YOUR OBJECTIVE
Among the entries, how many lines hold the word "rest"? Respond with that number only.

━━━━━ RECORDS SHOWN ━━━━━

-- ===== src/Tests/Hosts.antt =====
-- Runs of the host service and of the agent's registration.
use mathlib.Core.Path.{subst}
use hosthalla.Base.{
  ℕ, ◌≡◌, refl, ap, true, List, [], ◌∷◌, ◌++◌, map, some, ok, err, failed, Result, ◌==◌, nat_eq,
  text_eq, arith, All, length, take, drop, driver, query, query_row, exec, store, exec_affecting,
  require, new_id, time_now, draw_random, publish, pure, lift, attempt, ◌>>=◌, sort_by,
  insert_sorted, Bool-cases, inl, inr,
}
use hosthalla.Text.{Text, codes, trim_space, trim_left, trim_right, is_space}
use hosthalla.Model.{Uuid, Host, Method, Agent, PingResult}
use hosthalla.Host.MethodRepository as MethodRepository
use hosthalla.Host.SnapshotRepository.{create_snapshot}
use hosthalla.Host.SnapshotRepository.Bounded.{IsBounded, IsCapped, create_snapshot-IsBounded}
use hosthalla.Host.Cipher.{FillsBuffer, encrypt, decrypt, decrypt-encrypt}
use hosthalla.Host.Port.{normalize_port}
use hosthalla.Host.Service.Methods.{
  KeyCodec, CreatePasswordDto, CreateKeyDto, UpdateInput, create_password_method, create_key_method,
  store_method, encrypted, publish_method_created, get_method_secret, update_method, delete_method,
  password_only, key_pair, list_methods, list_methods_by_hosts, redacted,
}
use hosthalla.Host.Service.Methods.Ownership.{
  Refused, foreign_method-Refused, delete_method-keeps_others, elsewhere,
}
use hosthalla.Host.Service.Methods.Secrecy.{
  IsRedacted, HidesSecret, create_method-IsRedacted, list_methods-HidesSecret,
}
use hosthalla.Host.Service.Methods.RoundTrip.{
  get_method_secret-create_password_method, get_method_secret-create_key_method,
}
use hosthalla.Host.Service.Ping.{
  Outcome, succeeded, judge, ping_one, ping_each, IsJudged, ping_each-IsJudged,
}
use hosthalla.Agent.Repository as Agents
use hosthalla.Agent.Repository.{agent_of_host}
use hosthalla.Agent.Service.{
  register_host_agent, register_found, get_agent_by_host_id, update_agent,
}
use hosthalla.Agent.Service.Registration.{IsRegistered, register_host_agent-IsRegistered}
use hosthalla.Tests.{
  ascii, inventory, tables, method_row, agent_row, open_aead, cipher, length-repeated, fair_random,
}

-- Snapshots.

one_each : (host_id : Uuid) → IsCapped host_id tables
one_each host_id = elim (Bool-cases (1 == host_id)) [
  | inl own ↦ rw own (omega arith)
  | inr other ↦ rw other (omega arith)
]

store-IsBounded : IsBounded inventory.tables
store-IsBounded = record {
  keys = record { distinct = (tt, tt); below = (omega arith, tt) };
  capped = one_each;
}

create_snapshot-IsBounded_example :
    IsBounded
      (create_snapshot
        (λ n. true)
        (record { host_id = 1; timestamp = 60; metrics = [] })
        inventory).1.tables
create_snapshot-IsBounded_example =
    create_snapshot-IsBounded (λ n. true) (record { host_id = 1; timestamp = 60; metrics = [] })
      inventory store-IsBounded

-- Management methods.

fills : (random : ℕ) → FillsBuffer (fair_random random)
fills k size bytes e = subst (λ l. length l ≡ size) (un_some e) (length-repeated size 7)
  where
    un_some : {a b : List ℕ} → some a ≡ some b → a ≡ b
    un_some e = cc

decrypt-encrypt_example : decrypt open_aead (7 ∷ 7 ∷ 1 ∷ []) ≡ ok (1 ∷ [])
unfolding encrypt
decrypt-encrypt_example =
    decrypt-encrypt open_aead (fair_random 0) (1 ∷ []) (7 ∷ 7 ∷ 1 ∷ []) (fills 0) refl

taken : (xs ys : List ℕ) → take (length xs) (xs ++ ys) ≡ xs
taken [] ys = refl
taken (x ∷ xs) ys = ap (λ l. x ∷ l) (taken xs ys)

dropped : (xs ys : List ℕ) → drop (length xs) (xs ++ ys) ≡ ys
dropped [] ys = refl
dropped (x ∷ xs) ys = dropped xs ys

abbrev split_key : List ℕ → Result (Text × Text)
split_key [] = err (failed "no key")
split_key (n ∷ bytes) = ok (take n bytes, drop n bytes)

pub join_key :
    (public_key private_key bytes : List ℕ)
    → ok (length public_key ∷ (public_key ++ private_key)) ≡ ok bytes
    → split_key bytes ≡ ok (public_key, private_key)
join_key p k bytes e =
    subst (λ l. split_key l ≡ ok (p, k)) (un_ok e) (rw (taken p k, dropped p k) refl)
  where
    un_ok : {a b : List ℕ} → ok a ≡ ok b → a ≡ b
    un_ok e = cc

abbrev pub codec : KeyCodec
codec = record {
  encode = λ p k. ok (length p ∷ (p ++ k));
  decode = split_key;
  decode-encode = join_key;
}

abbrev blank_input : UpdateInput
blank_input = record {
  name = codes "n";
  username = codes "u";
  password = [];
  public_key = [];
  private_key = [];
  port = 22;
  description = [];
}

foreign_method-Refused_example :
    Refused 9 3 inventory (get_method_secret cipher codec 9 3)
    × Refused 9 3 inventory (update_method cipher codec 9 3 blank_input)
    × Refused 9 3 inventory (delete_method 9 3)
unfolding nat_eq
foreign_method-Refused_example =
    foreign_method-Refused 9 3 inventory cipher codec blank_input method_row refl
      (λ e. omega (arith, e))

delete_method-keeps_others_example :
    elsewhere 1 (delete_method 1 3 inventory).1.tables.credentials
    ≡ elsewhere 1 inventory.tables.credentials
delete_method-keeps_others_example = delete_method-keeps_others 1 3 inventory (tt, tt)

abbrev password_dto : CreatePasswordDto
password_dto = record {
  name = codes "ops";
  username = codes "ops";
  password = codes "pw";
  port = 0;
  description = [];
}

abbrev key_dto : CreateKeyDto
key_dto = record {
  name = codes "ops";
  username = codes "ops";
  public_key = codes "pk";
  private_key = codes "sk";
  port = 0;
  description = [];
}

create_method-IsRedacted_example :
    All IsRedacted (create_password_method cipher codec 1 password_dto inventory).1.published
    × All IsRedacted (create_key_method cipher codec 1 key_dto inventory).1.published
create_method-IsRedacted_example =
    create_method-IsRedacted cipher codec 1 password_dto key_dto inventory tt

list_methods-HidesSecret_example :
    All HidesSecret (redacted method_row ∷ []) × All HidesSecret (redacted method_row ∷ [])
unfolding list_methods list_methods_by_hosts MethodRepository.list_methods
    MethodRepository.list_methods_by_hosts query driver pure ◌>>=◌ nat_eq sort_by insert_sorted
list_methods-HidesSecret_example =
    list_methods-HidesSecret 1 (1 ∷ []) inventory (redacted method_row ∷ [])
      (redacted method_row ∷ []) refl refl

abbrev made_password : Method
made_password = record {
  id = 10;
  host_id = 1;
  name = codes "ops";
  kind = method_row.kind;
  username = codes "ops";
  port = 22;
  secret = [];
  description = [];
  created_at = 100;
  updated_at = 100;
}

get_method_secret-create_password_method_example :
    (get_method_secret cipher codec 1 10
      (create_password_method cipher codec 1 password_dto inventory).1).0
    ≡ ok (password_only (trim_space password_dto.password))
unfolding create_password_method store_method encrypted encrypt publish_method_created
    MethodRepository.create_method MethodRepository.insert_method normalize_port draw_random new_id
    driver exec store require time_now publish pure lift ◌>>=◌ trim_space trim_left trim_right
    is_space nat_eq text_eq
get_method_secret-create_password_method_example =
    get_method_secret-create_password_method cipher codec 1 password_dto inventory
      (create_method_of (create_password_method cipher codec 1 password_dto inventory).0) fills refl
      (λ k. refl)
  where
    create_method_of : Result Method → Method
    create_method_of (ok m) = m
    create_method_of (err e) = made_password

get_method_secret-create_key_method_example :
    (get_method_secret cipher codec 1 10 (create_key_method cipher codec 1 key_dto inventory).1).0
    ≡ ok (key_pair (trim_space key_dto.public_key, trim_space key_dto.private_key))
unfolding create_key_method store_method encrypted encrypt publish_method_created
    MethodRepository.create_method MethodRepository.insert_method normalize_port draw_random new_id
    driver exec store require time_now publish pure lift ◌>>=◌ trim_space trim_left trim_right
    is_space nat_eq text_eq
get_method_secret-create_key_method_example =
    get_method_secret-create_key_method cipher codec 1 key_dto inventory
      (create_method_of (create_key_method cipher codec 1 key_dto inventory).0) fills refl
      (λ k. refl)
  where
    create_method_of : Result Method → Method
    create_method_of (ok m) = m
    create_method_of (err e) = made_password

-- Hosts and agents.

abbrev reached_host : Host
reached_host = record {
  id = 1;
  name = [];
  description = [];
  tags = [];
  ip = [];
  monitoring_agent_id = 0;
  created_at = 0;
  updated_at = 0;
}

abbrev ping_always : ℕ → Text → Outcome
ping_always started ip = succeeded

abbrev ping_result : PingResult
ping_result = record {
  host_id = 1;
  ip = [];
  is_reachable = true;
  duration = 1;
  error_message = "";
  checked_at = 102;
}

ping_each-IsJudged_example :
    (map (λ (r : PingResult). r.host_id) (ping_result ∷ [])
      ≡ map (λ (h : Host). h.id) (reached_host ∷ []))
    × All IsJudged (ping_result ∷ [])
unfolding ping_each ping_one judge time_now pure ◌>>=◌
ping_each-IsJudged_example =
    ping_each-IsJudged ping_always (reached_host ∷ []) inventory (ping_result ∷ []) refl

register_host_agent-IsRegistered_example :
    (agent_row.host_id ≡ 1)
    × IsRegistered 1 agent_row.id
        (codes "2.0")
        (register_host_agent 1 (codes "2.0") inventory).1.tables
    × ((c : Agent) → agent_of_host 1 inventory.tables ≡ some c → agent_row.id ≡ c.id)
unfolding register_host_agent register_found get_agent_by_host_id update_agent Agents.get_by_host_id
    Agents.update Agents.update_agent query_row query exec_affecting require exec store driver
    publish pure lift attempt ◌>>=◌ nat_eq
register_host_agent-IsRegistered_example =
    register_host_agent-IsRegistered 1 (codes "2.0") inventory
      (record agent_row { version = codes "2.0" }) refl
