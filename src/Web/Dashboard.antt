-- ===== src/Web/Dashboard.antt =====
-- The live updates of internal/web/handlers/dashboard.go: what an event asks for, the queue of each
-- client, and the cache of the page's data, which are a parameter here and stand in Page.antt.
pub mod Queue
pub mod Page
pub mod Live
pub mod Shown
pub mod Summary
use hosthalla.Base.{
  ℕ, zero, suc, ◌+◌, ◌*◌, Bool, true, false, not, ◌&&◌, ◌||◌, List, [], ◌∷◌, ◌++◌, map, Option,
  none, some, length, if◌then◌else◌, ◌==◌, nat_eq, ltb, Exec, Result, ok, err, pure, ◌>>=◌,
}
use hosthalla.Model.{
  Uuid, nil_uuid, Event, host_created, host_updated, host_deleted, monitoring_agent_assigned,
  method_created, metric_received, snapshot_created, system_info_updated, ping_completed,
  ping_all_completed, agent_registered, agent_updated, agent_deleted, agent_seen,
}

-- `dashboardUpdateSections`: a Boolean for each bit.
pub record Sections : Type 0 where
  pub generated_at : Bool
  pub overview : Bool
  pub hosts : Bool
  pub host_rows : Bool
  pub host_metrics : Bool

abbrev pub no_sections : Sections
no_sections = record {
  generated_at = false;
  overview = false;
  hosts = false;
  host_rows = false;
  host_metrics = false;
}

-- `dashboardUpdateAll`
abbrev pub all_sections : Sections
all_sections = record no_sections { generated_at = true; overview = true; hosts = true }

-- `a | b`
abbrev pub either_section : Sections → Sections → Sections
either_section a b = record {
  generated_at = a.generated_at || b.generated_at;
  overview = a.overview || b.overview;
  hosts = a.hosts || b.hosts;
  host_rows = a.host_rows || b.host_rows;
  host_metrics = a.host_metrics || b.host_metrics;
}

-- `sections == 0`
abbrev pub is_zero : Sections → Bool
is_zero s = not (s.generated_at || s.overview || s.hosts || s.host_rows || s.host_metrics)

-- `dashboardUpdate`, whose two maps are lists of their keys.
pub record DashboardUpdate : Type 0 where
  pub sections : Sections
  pub host_row_ids : List Uuid
  pub host_metric_ids : List Uuid

abbrev pub only_sections : Sections → DashboardUpdate
only_sections s = record { sections = s; host_row_ids = []; host_metric_ids = [] }

-- `dashboardHostRowUpdate` for one host.
unfoldable pub dashboard_host_row_update : Sections → Uuid → DashboardUpdate
dashboard_host_row_update s host_id =
    if host_id == nil_uuid
    then only_sections (either_section s (record no_sections { hosts = true }))
    else record {
      sections = either_section s (record no_sections { host_rows = true });
      host_row_ids = host_id ∷ [];
      host_metric_ids = [];
    }

-- `dashboardHostMetricUpdate` for one host.
unfoldable pub dashboard_host_metric_update : Sections → Uuid → DashboardUpdate
dashboard_host_metric_update s host_id =
    if host_id == nil_uuid
    then only_sections (either_section s (record no_sections { hosts = true }))
    else record {
      sections = either_section s (record no_sections { host_metrics = true });
      host_row_ids = [];
      host_metric_ids = host_id ∷ [];
    }

abbrev clock_section : Sections
clock_section = record no_sections { generated_at = true }

abbrev clock_and_overview : Sections
clock_and_overview = record no_sections { generated_at = true; overview = true }

unfoldable pub dashboard_update_for_event : Event → DashboardUpdate
dashboard_update_for_event (host_created h) = only_sections all_sections
dashboard_update_for_event (host_deleted id) = only_sections all_sections
dashboard_update_for_event (host_updated h) = dashboard_host_row_update clock_section h.id
dashboard_update_for_event (snapshot_created id s) =
    dashboard_host_metric_update clock_and_overview id
dashboard_update_for_event (system_info_updated id i) =
    dashboard_host_row_update clock_and_overview id
dashboard_update_for_event (monitoring_agent_assigned id agent) =
    dashboard_host_row_update clock_and_overview id
dashboard_update_for_event (method_created id m) = dashboard_host_row_update clock_and_overview id
dashboard_update_for_event (ping_completed r) = only_sections no_sections
dashboard_update_for_event (ping_all_completed rs) = only_sections no_sections
dashboard_update_for_event (metric_received id m) = only_sections no_sections
dashboard_update_for_event (agent_registered a h) = only_sections no_sections
dashboard_update_for_event (agent_updated a) = only_sections no_sections
dashboard_update_for_event (agent_deleted a) = only_sections no_sections
dashboard_update_for_event (agent_seen a h) = only_sections no_sections

-- `mergeDashboardUpdates`
unfoldable pub merge_dashboard_updates : DashboardUpdate → DashboardUpdate → DashboardUpdate
merge_dashboard_updates left right = record {
  sections = either_section left.sections right.sections;
  host_row_ids = left.host_row_ids ++ right.host_row_ids;
  host_metric_ids = left.host_metric_ids ++ right.host_metric_ids;
}

-- `make(chan dashboardUpdate, 8)`
abbrev pub client_capacity : ℕ
client_capacity = 8

-- A client's channel, what the client has taken from it, and what `signalClient` let go of.
pub record Client : Type 0 where
  pub taken : List DashboardUpdate
  pub channel : List DashboardUpdate
  pub dropped : List DashboardUpdate

abbrev pub new_client : Client
new_client = record { taken = []; channel = []; dropped = [] }

-- The client takes the next update, if there is one.
abbrev pub take_from : List DashboardUpdate → Client → Client
take_from [] c = c
take_from (update ∷ rest) c = record c { taken = c.taken ++ update ∷ []; channel = rest }

-- The client takes a number of updates, or all that there are.
unfoldable pub take_up_to : ℕ → Client → Client
take_up_to zero c = c
take_up_to (suc n) c = take_up_to n (take_from c.channel c)

-- How many updates the client takes between the selects of `signalClient`, the outer and the middle
-- one, and the middle and the inner one.
pub record Gaps : Type 0 where
  pub first : ℕ
  pub second : ℕ

-- `select { case client.updateCh <- update: default: ... }`, where `otherwise` is the default.
abbrev pub send_or : (Client → Client) → DashboardUpdate → Client → Client
send_or otherwise update c =
    if ltb (length c.channel) client_capacity
    then record c { channel = c.channel ++ update ∷ [] }
    else otherwise c

abbrev pub drop_update : DashboardUpdate → Client → Client
drop_update update c = record c { dropped = c.dropped ++ update ∷ [] }

-- The middle select: the oldest update comes out and goes back merged, unless the client has
-- emptied the channel.
abbrev pub merge_oldest : ℕ → DashboardUpdate → List DashboardUpdate → Client → Client
merge_oldest second update [] c = drop_update update c
merge_oldest second update (pending ∷ rest) c =
    let merged = merge_dashboard_updates pending update in
    send_or (drop_update merged) merged (take_up_to second (record c { channel = rest }))

abbrev pub signal_full : Gaps → DashboardUpdate → Client → Client
signal_full gaps update c = merge_oldest gaps.second update c.channel c

-- `signalClient`, while no other goroutine signals the client.
unfoldable pub signal_client : Gaps → DashboardUpdate → Client → Client
signal_client gaps update c =
    send_or (λ full. signal_full gaps update (take_up_to gaps.first full)) update c

-- The loop of `queueLiveUpdate`, with the gaps at each client.
unfoldable pub signal_all : (ℕ → Gaps) → DashboardUpdate → List Client → List Client
signal_all gaps update [] = []
signal_all gaps update (c ∷ cs) =
    signal_client (gaps 0) update c ∷ signal_all (λ n. gaps (suc n)) update cs

-- The handler's cache, and its clients.
pub record Dashboard (D : Type 0) : Type 0 where
  pub cached : Option (D × ℕ)
  pub clients : List Client

-- 30 seconds in nanoseconds.
abbrev pub cache_ttl : ℕ
cache_ttl = 30 * 1000000000

abbrev without : ℕ → List Client → List Client
without place [] = []
without zero (client ∷ clients) = clients
without (suc place) (client ∷ clients) = client ∷ without place clients

module _ {D : Type 0} where
  -- The handler that `subscribeDashboardEvent` subscribes, with `invalidateCache` and
  -- `queueLiveUpdate`.
  unfoldable pub on_event : (ℕ → Gaps) → Event → Dashboard D → Dashboard D
  on_event gaps event h =
      let update = dashboard_update_for_event event in
      if is_zero update.sections
      then h
      else record { cached = none; clients = signal_all gaps update h.clients }

  abbrev collected : ℕ → Dashboard D → Result D → Result D × Dashboard D
  collected now h (ok fresh) = (ok fresh, record h { cached = some (fresh, now + cache_ttl) })
  collected now h (err e) = (err e, h)

  -- `dashboardData`, with what `collectDashboardData` gives at that instant.
  unfoldable pub dashboard_data : ℕ → Result D → Dashboard D → Result D × Dashboard D
  dashboard_data now fresh h = elim h.cached [
    | none ↦ collected now h fresh
    | some entry ↦ if ltb now entry.1 then (ok entry.0, h) else collected now h fresh
  ]

  -- `registerClient`, and the first signal of `SubscribeToDashboard`, before the client takes any.
  unfoldable pub connect : Dashboard D → Dashboard D
  connect h = record h {
    clients =
        h.clients
        ++ signal_client (record { first = 0; second = 0 }) (only_sections all_sections) new_client
          ∷ [];
  }

  -- `unregisterClient`, for the client at a place of the list.
  unfoldable pub unregister_client : ℕ → Dashboard D → Dashboard D
  unregister_client place h = record h { clients = without place h.clients }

━━━━━

WRITTEN SOLUTION
3